老いた男と、顔にやけどの跡がある壮年の男だ。二人とも同じような出で立ちをしている。薄汚れた衣服。あちこちすり切れたフードの裾に、床に零れた麦酒の染みが広がる。
「黙って聞いてりゃあ、なんだって?」
そんな彼らを見下ろすのは、酔いで顔を赤くした男たちだ。天井に吊るされた
「礼儀がなっとらん、だぁ? こんな酒場で礼儀も糞もあるかよ、なぁ?」
彼らが周囲の人間に同意を求めれば、客の中から自然とせせら笑いが起こった。
床に倒れこんだまま、老いた男が顔を歪める。
「はっ、こういうところだからこその礼節じゃろうが……! まったく嘆かわしいわ! 若者が夜遅くまで酒に入り浸るなど!」
「ジジイがぐちぐちうるせえんだよ! あのなぁ、この王都じゃこれが普通なわけ。常識なんだよ、じょーしき!」
「こんなものが常識? 流石は火の国の民じゃな! 底が知れる!」
「ああん? お前もこの国の人間だろうが!」
「はっ! わしらが? 火の国の人間?」
老いた男が顔を歪めて、唾を床に吐いた。
「馬鹿を言え……! 我らは誇り高き水の国の民! お前らのような下種と一緒にするでない!」
老いた男の声に、場が一瞬静まり返った。フェンの腕の中でリンが身を固くする。
どっと笑い声が起こった。
「水の国……水の国だって? ぶははっ! 何年前の話だよ!? そんな名前の国、もうねぇだろうが!」
「それこそ、俺たちの国に滅ぼされたんだろ! えぇ?」
「田舎くせえと思ったぜ! 服もおんぼろだしよ! あんな国の生まれなら、そりゃあ、そうもなるよなぁ!」
露骨な嘲笑が幾つも降ってくる。フードをまとった男たちの顔が強張り、拳が握られる。フェンは耐えきれなくなって声を上げようとする。

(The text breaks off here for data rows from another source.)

-- ===== src/Dht/ValueLookup/Origin.antt =====
-- Where the result of `LookupValue` of dht/lookup.go comes from.
use mesh_net.Base.{
  ℕ, ◌≡◌, refl, ◌∙◌, Option, none, some, List, ◌∷◌, ◌++◌, Bytes, All, arith, inl, inr, ◌⊎◌,
}
use mesh_net.Outcome.{Outcome, ok, err, panics}
use mesh_net.Dht.NodeId.{NodeId}
use mesh_net.Dht.Contact.{Contact}
use mesh_net.Dht.Store.{Record}
use mesh_net.Dht.Env.{Env, Network}
use mesh_net.Dht.Client.{FindValueResult, found, closer, nothing}
use mesh_net.Dht.Node.{Dht, local_value}
use mesh_net.Dht.ValueLookup.{
  ValueLookup, Worker, asking, finished, choosing, waiting, returned, IsFinished, begin_lookup,
  offered, settle, Answered, Step, Run, exhausted, launch, mark, answer, receive, proceed, time_out,
  here, next,
}

offered-cases :
    (held : Option Record) (r q : Record) → offered held r ≡ some q → (held ≡ some q) ⊎ (r ≡ q)
offered-cases none r q e = inr cc
offered-cases (some h) r q e = inl e

module _ (env : Env) (Occurs : Network → Type 0) (self : NodeId) (name group_key : Bytes) where
  -- Some contact answers with the record.
  abbrev pub IsAnswered : Record → Type 0
  IsAnswered r = (c : Contact) × Answered env Occurs self name group_key c (ok (found r))

  -- A record on the channel or in the result was found in the local store or was answered.
  record IsSourced (now : ℕ) (d : Dht) (s : ValueLookup) : Type 0 where
    sent : (r : Record) → s.channel ≡ some r → IsAnswered r
    result :
        (r : Record)
        → s.phase ≡ returned (ok (some r))
        → (local_value now d.store name group_key ≡ some r) ⊎ IsAnswered r

  settle-IsSourced :
      (now : ℕ) (d : Dht) (s : ValueLookup) (c : Contact) (o : Outcome FindValueResult)
      → Answered env Occurs self name group_key c o
      → IsSourced now d s
      → IsSourced now d (settle env s c o)
  unfolding settle
  settle-IsSourced now d s c (err e) a v = record { sent = v.sent; result = v.result }
  settle-IsSourced now d s c (ok (found r)) a v = record {
    sent = λ q e. elim (offered-cases s.channel r q e) [
      | inl old ↦ v.sent q old
      | inr new ↦ (c, rw⁻¹ new a)
    ];
    result = v.result;
  }
  settle-IsSourced now d s c (ok (closer none)) a v = v
  settle-IsSourced now d s c (ok (closer (some infos))) a v = record {
    sent = v.sent;
    result = v.result;
  }
  settle-IsSourced now d s c (ok nothing) a v = v
  settle-IsSourced now d s c panics a v = v

  Step-IsSourced :
      (now : ℕ) (d : Dht) {s t : ValueLookup}
      → Step env Occurs self name group_key s t
      → IsSourced now d s
      → IsSourced now d t
  Step-IsSourced now d (exhausted p b e) v = rw e (record { sent = v.sent; result = λ r f. cc })
  Step-IsSourced now d (launch c cs p b e) v =
      rw e (record { sent = λ r f. cc; result = λ r f. cc })
  Step-IsSourced now d (mark before after c w e) v =
      rw e (record { sent = v.sent; result = v.result })
  Step-IsSourced now d {s} (answer before after c o w a e) v =
      let settled = settle-IsSourced now d s c o a v in
      rw e (record { sent = settled.sent; result = settled.result })
  Step-IsSourced now d (receive r p h e) v =
      rw e (record { sent = λ q f. cc; result = λ q f. inr (v.sent q (h ∙ cc)) })
  Step-IsSourced now d (proceed p f e) v = rw e (record { sent = v.sent; result = λ r g. cc })
  Step-IsSourced now d (time_out p e) v = rw e (record { sent = v.sent; result = λ r f. cc })

  begin_lookup-local :
      (now : ℕ) (d : Dht) (r : Record)
      → (begin_lookup env now d name group_key).phase ≡ returned (ok (some r))
      → local_value now d.store name group_key ≡ some r
  unfolding begin_lookup
  begin_lookup-local now d r e = ground (arith, e)

  Run-IsSourced :
      (now : ℕ) (d : Dht) {s t : ValueLookup} {n : ℕ}
      → Run env Occurs self name group_key s n t
      → IsSourced now d s
      → IsSourced now d t
  Run-IsSourced now d here v = v
  Run-IsSourced now d (next r st e) v = Step-IsSourced now d st (Run-IsSourced now d r v)

  begin_lookup-IsSourced :
      (now : ℕ) (d : Dht) → IsSourced now d (begin_lookup env now d name group_key)
  unfolding begin_lookup
  begin_lookup-IsSourced now d = record {
    sent = λ r e. cc;
    result = λ r e. inl (begin_lookup-local now d r e);
  }

  -- Whatever record `LookupValue` returns, however its goroutines interleave, it comes from the
  -- local store, under the name and for the group key that were asked for, or some contact answered
  -- with it.
  pub lookup_value-sourced :
      (now : ℕ) (d : Dht) (n : ℕ) (t : ValueLookup) (r : Record)
      → Run env Occurs self name group_key (begin_lookup env now d name group_key) n t
      → t.phase ≡ returned (ok (some r))
      → (local_value now d.store name group_key ≡ some r) ⊎ IsAnswered r
  lookup_value-sourced now d n t r run e =
      (Run-IsSourced now d run (begin_lookup-IsSourced now d)).result r e

  -- Any record that a contact answers with can be what `LookupValue` returns, whatever its name,
  -- its group key and its signature, and can as well be dropped: where the goroutine of a contact
  -- has asked, every other one of its round has ended, and nothing is on the channel, two steps
  -- lead from its answer to the return of that record, and two others back to the head of the loop,
  -- with the record left on the channel of the round that is over.
  pub answer_returned_or_dropped :
      (s : ValueLookup) (before after : List Worker) (c : Contact) (r : Record)
      → s.phase ≡ waiting
      → s.channel ≡ none
      → s.workers ≡ before ++ asking c ∷ after
      → All IsFinished (before ++ finished ∷ after)
      → Answered env Occurs self name group_key c (ok (found r))
      → ((t : ValueLookup) × Run env Occurs self name group_key s 2 t
          × (t.phase ≡ returned (ok (some r))))
        × ((t : ValueLookup) × Run env Occurs self name group_key s 2 t
            × (t.phase ≡ choosing)
            × (t.channel ≡ some r))
  unfolding settle
  answer_returned_or_dropped s before after c r p h w done a = (
    (
      _,
      next (next here (answer before after c (ok (found r)) w a refl) refl)
          (receive r p (rw h refl) refl) refl,
      refl,
    ),
    (
      _,
      next (next here (answer before after c (ok (found r)) w a refl) refl) (proceed p done refl)
          refl,
      refl,
      rw h refl,
    ),
  )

けれど投げつけられる侮蔑の言葉を止めたのは、そのどちらでもなかった。
「――あんたたちが、そんなだから」
喧噪の中で、響いたのはリンの声だ。暗く、淀んだ声音。さして声を張り上げたわけでもない。だというのに、その場の視線が一斉に集まる。
「……リン?」
フェンを押しのけて、リンがふらりと立ち上がる。ひた、と自分たちを嘲笑する男たちを見据える。能面のような表情だ。だが幼いがゆえに、その瞳に隠しようもない憎悪の光が躍る。
「だから私たちが苦労してるんじゃない……っ!」
リンが懐から何かを取り出した。
布の入った小瓶。どこからともなく漂う、甘ったるく苦い香り。小瓶の中で、ゆらりと揺れる透明な液体。
「っ、駄目だ……!」
フェンは反射的に手を伸ばした。けれどリンを止めることは叶わない。
小瓶が、男たちに向かって投げつけられる。男たちは馬鹿にしたように小瓶を避ける。小瓶が燈籠に当たる。
そして燈籠の中の蝋燭と、小瓶が触れ合う。
瞬間、爆発音とともに、炎が生まれた。